The results obtained in this study are subject to certain limitations and shortcomings, related to the assumptions made during the data obtention, benchmark preparation, and optimization processes. Firstly, the availability of data is a key limitation of this study. For instance, the POIs used in the generated SACOGPOI dataset were extracted from the OSM, which is an open-source data supplier. This implies that not all the POIs may be up-to-date or accurately uploaded, unlike other map services such as Google Maps, particularly for residential buildings and houses.

Furthermore, the ACO model used in this study may have its shortcomings. By definition, TSP states that a traveler begins at a home location, visits a set of locations only once, and returns to home only after visiting all locations. However, in the real world and in the SACOGTHS dataset, this is not always the case. For instance, a person may leave home in the morning for work, return home for lunch, go back to work after lunch, and finally return home in the evening. This implies that the home location was visited twice as an intermediate point of the activity chain, which the current ACO model does not consider, since it considers the TSP definition, meaning that one location cannot be visited twice. As a result, the activity chain is split into two sub-activity chains with separate optimization for each sub-chain. The primer corresponds to the first chain till when the traveler returns home at lunchtime, and the second when the traveler departs from home after lunch. The shortcoming is that the optimization would be carried out as two completely different activity chains even with different characteristics, such as the transport mode or the flexibility. This could also explain why activity chains were mostly grouped in sizes 2 and 3, as larger sizes could have been split.

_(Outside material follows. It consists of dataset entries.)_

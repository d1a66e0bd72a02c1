-- ===== src/Common/Arrays.antt =====
-- Lists of numbers as arrays: an entry by its index, writes, and exchanges of two entries.
pub mod Count
use webrtc_snippets.Common.{
  ℕ, zero, suc, ◌+◌, ◌≤◌, ◌<◌, ◌≡◌, inl, inr, refl, ap, ◌∙◌, arith, some, List, [], ◌∷◌, ◌==◌, ltb,
  leb, if◌then◌else◌, length, get_elem?, Bool-cases, ltb→lt,
}
use mathlib.Core.List.{Perm}
use mathlib.Core.List.Perm

-- An entry, 0 outside of the array.
unfoldable pub nth : List ℕ → ℕ → ℕ
nth [] i = 0
nth (x ∷ a) zero = x
nth (x ∷ a) (suc i) = nth a i

unfoldable pub set : List ℕ → ℕ → ℕ → List ℕ
set [] i v = []
set (x ∷ a) zero v = v ∷ a
set (x ∷ a) (suc i) v = x ∷ set a i v

pub get_elem?-nth : (a : List ℕ) (i : ℕ) → i < length a → get_elem? a i ≡ some (nth a i)
unfolding nth
get_elem?-nth [] i p = absurd (omega arith)
get_elem?-nth (x ∷ a) zero p = refl
get_elem?-nth (x ∷ a) (suc i) p = get_elem?-nth a i (omega arith)

pub length-set : (a : List ℕ) (i v : ℕ) → length (set a i v) ≡ length a
unfolding set
length-set [] i v = refl
length-set (x ∷ a) zero v = refl
length-set (x ∷ a) (suc i) v = omega (arith, length-set a i v)

pub nth-set :
    (a : List ℕ) (i j v : ℕ) → i < length a → nth (set a i v) j ≡ (if i == j then v else nth a j)
unfolding nth set
nth-set [] i j v p = absurd (omega arith)
nth-set (x ∷ a) zero zero v p = refl
nth-set (x ∷ a) zero (suc j) v p = ground arith
nth-set (x ∷ a) (suc i) zero v p = ground arith
nth-set (x ∷ a) (suc i) (suc j) v p = ground (arith, nth-set a i j v)

-- A write exchanges the old entry for the new one.
set-perm : (a : List ℕ) (i v : ℕ) → i < length a → Perm (nth a i ∷ set a i v) (v ∷ a)
unfolding nth set
set-perm [] i v p = absurd (omega arith)
set-perm (x ∷ a) zero v p = Perm.swap v x a
set-perm (x ∷ a) (suc i) v p =
    Perm.trans (Perm.swap x (nth a i) (set a i v))
      (Perm.trans (Perm.cons x (set-perm a i v (omega arith))) (Perm.swap v x a))

-- The two entries, each in the other's place.
unfoldable pub exchange : List ℕ → ℕ → ℕ → List ℕ
exchange a i j = set (set a i (nth a j)) j (nth a i)

pub length-exchange : (a : List ℕ) (i j : ℕ) → length (exchange a i j) ≡ length a
unfolding exchange
length-exchange a i j = length-set (set a i (nth a j)) j (nth a i) ∙ length-set a i (nth a j)

module _ (a : List ℕ) (i j : ℕ) (p : i < length a) (q : j < length a) where
  pub nth-exchange :
      (k : ℕ)
      → nth (exchange a i j) k ≡ (if j == k then nth a i else if i == k then nth a j else nth a k)
  unfolding exchange
  nth-exchange k =
      let size = length-set a i (nth a j) in
      rw (nth-set (set a i (nth a j)) j k (nth a i) (omega arith), nth-set a i k (nth a j) p) refl

  pub exchange-perm : Perm (exchange a i j) a
  unfolding exchange
  exchange-perm =
      let b = set a i (nth a j) in
      let size = length-set a i (nth a j) in
      let kept : nth b j ≡ nth a j = ground (arith, nth-set a i j (nth a j)) in
      let second = rw kept at (set-perm b j (nth a i) (omega arith)) in
      Perm.cons_inv (Perm.trans second (set-perm a i (nth a j) p))

-- Every entry after an exchange was an entry before it.
pub exchange-entry :
    (a : List ℕ) (i j k : ℕ)
    → i < length a
    → j < length a
    → k < length a
    → (l : ℕ) × (l < length a) × (nth (exchange a i j) k ≡ nth a l)
exchange-entry a i j k p q r = elim (Bool-cases (j == k)) [
  | inl second ↦ (i, p, nth-exchange a i j p q k ∙ rw second refl)
  | inr other ↦ elim (Bool-cases (i == k)) [
    | inl first ↦ (j, q, nth-exchange a i j p q k ∙ rw (other, first) refl)
    | inr apart ↦ (k, r, nth-exchange a i j p q k ∙ rw (other, apart) refl)
  ]
]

Several potential future research directions can be addressed to overcome the identified limitations. Firstly, the limitation in the available data for POIs and opening times could be overcome by using map services with more accurate data, although it may entail higher costs to access these services. Additionally, the ACO model formulation could be improved by considering the activity chain optimization as a tour with multiple home visits instead of splitting the activity chains into different sub-activity chains. Another avenue for potential future research is to explore alternative metaheuristic algorithms that could potentially improve the performance and reduce computation times during the optimization process of the ACO. Finally, the objective function, which only considered travel times in this study, could be improved by incorporating other factors that take part during the travel process, such as traffic conditions, environmental impact, among others.

Conclusion

In this study, a comprehensive experimental evaluation of the ACO model was carried out using large real-world data. The activity chain benchmark data were generated from a household survey dataset, while the flexibility of the activities was established through a stochastic approach to simulate the preferences of the travelers. Furthermore, the POIs and their corresponding real opening times were extracted from open-source mapping services to aid in the calculation process. The algorithms to solve the ACO were the exact approach branch-and-bound and the GA. The findings of the evaluation overall demonstrated that the GA performs better on larger activity chains compared to smaller ones, with the computational time decreased as the size of the activity chain increases. The total tour times and travel times are similar for both algorithms while finding the optimal real activity chains. Additionally, the inclusion of activity flexibility leads to an added complexity to the problem, increasing computational time overall. The computational time grows exponentially as the size increase when solving the ACO with branch-and-bound, while GA keeps a linear growth. The results of this study also demonstrate that, despite not yielding the optimal values for smaller activity chain sizes, the travel times among the locations are optimized to a satisfactory level. This study constitutes a valuable contribution to the research on time reduction, trip optimization, and activity scheduling optimization.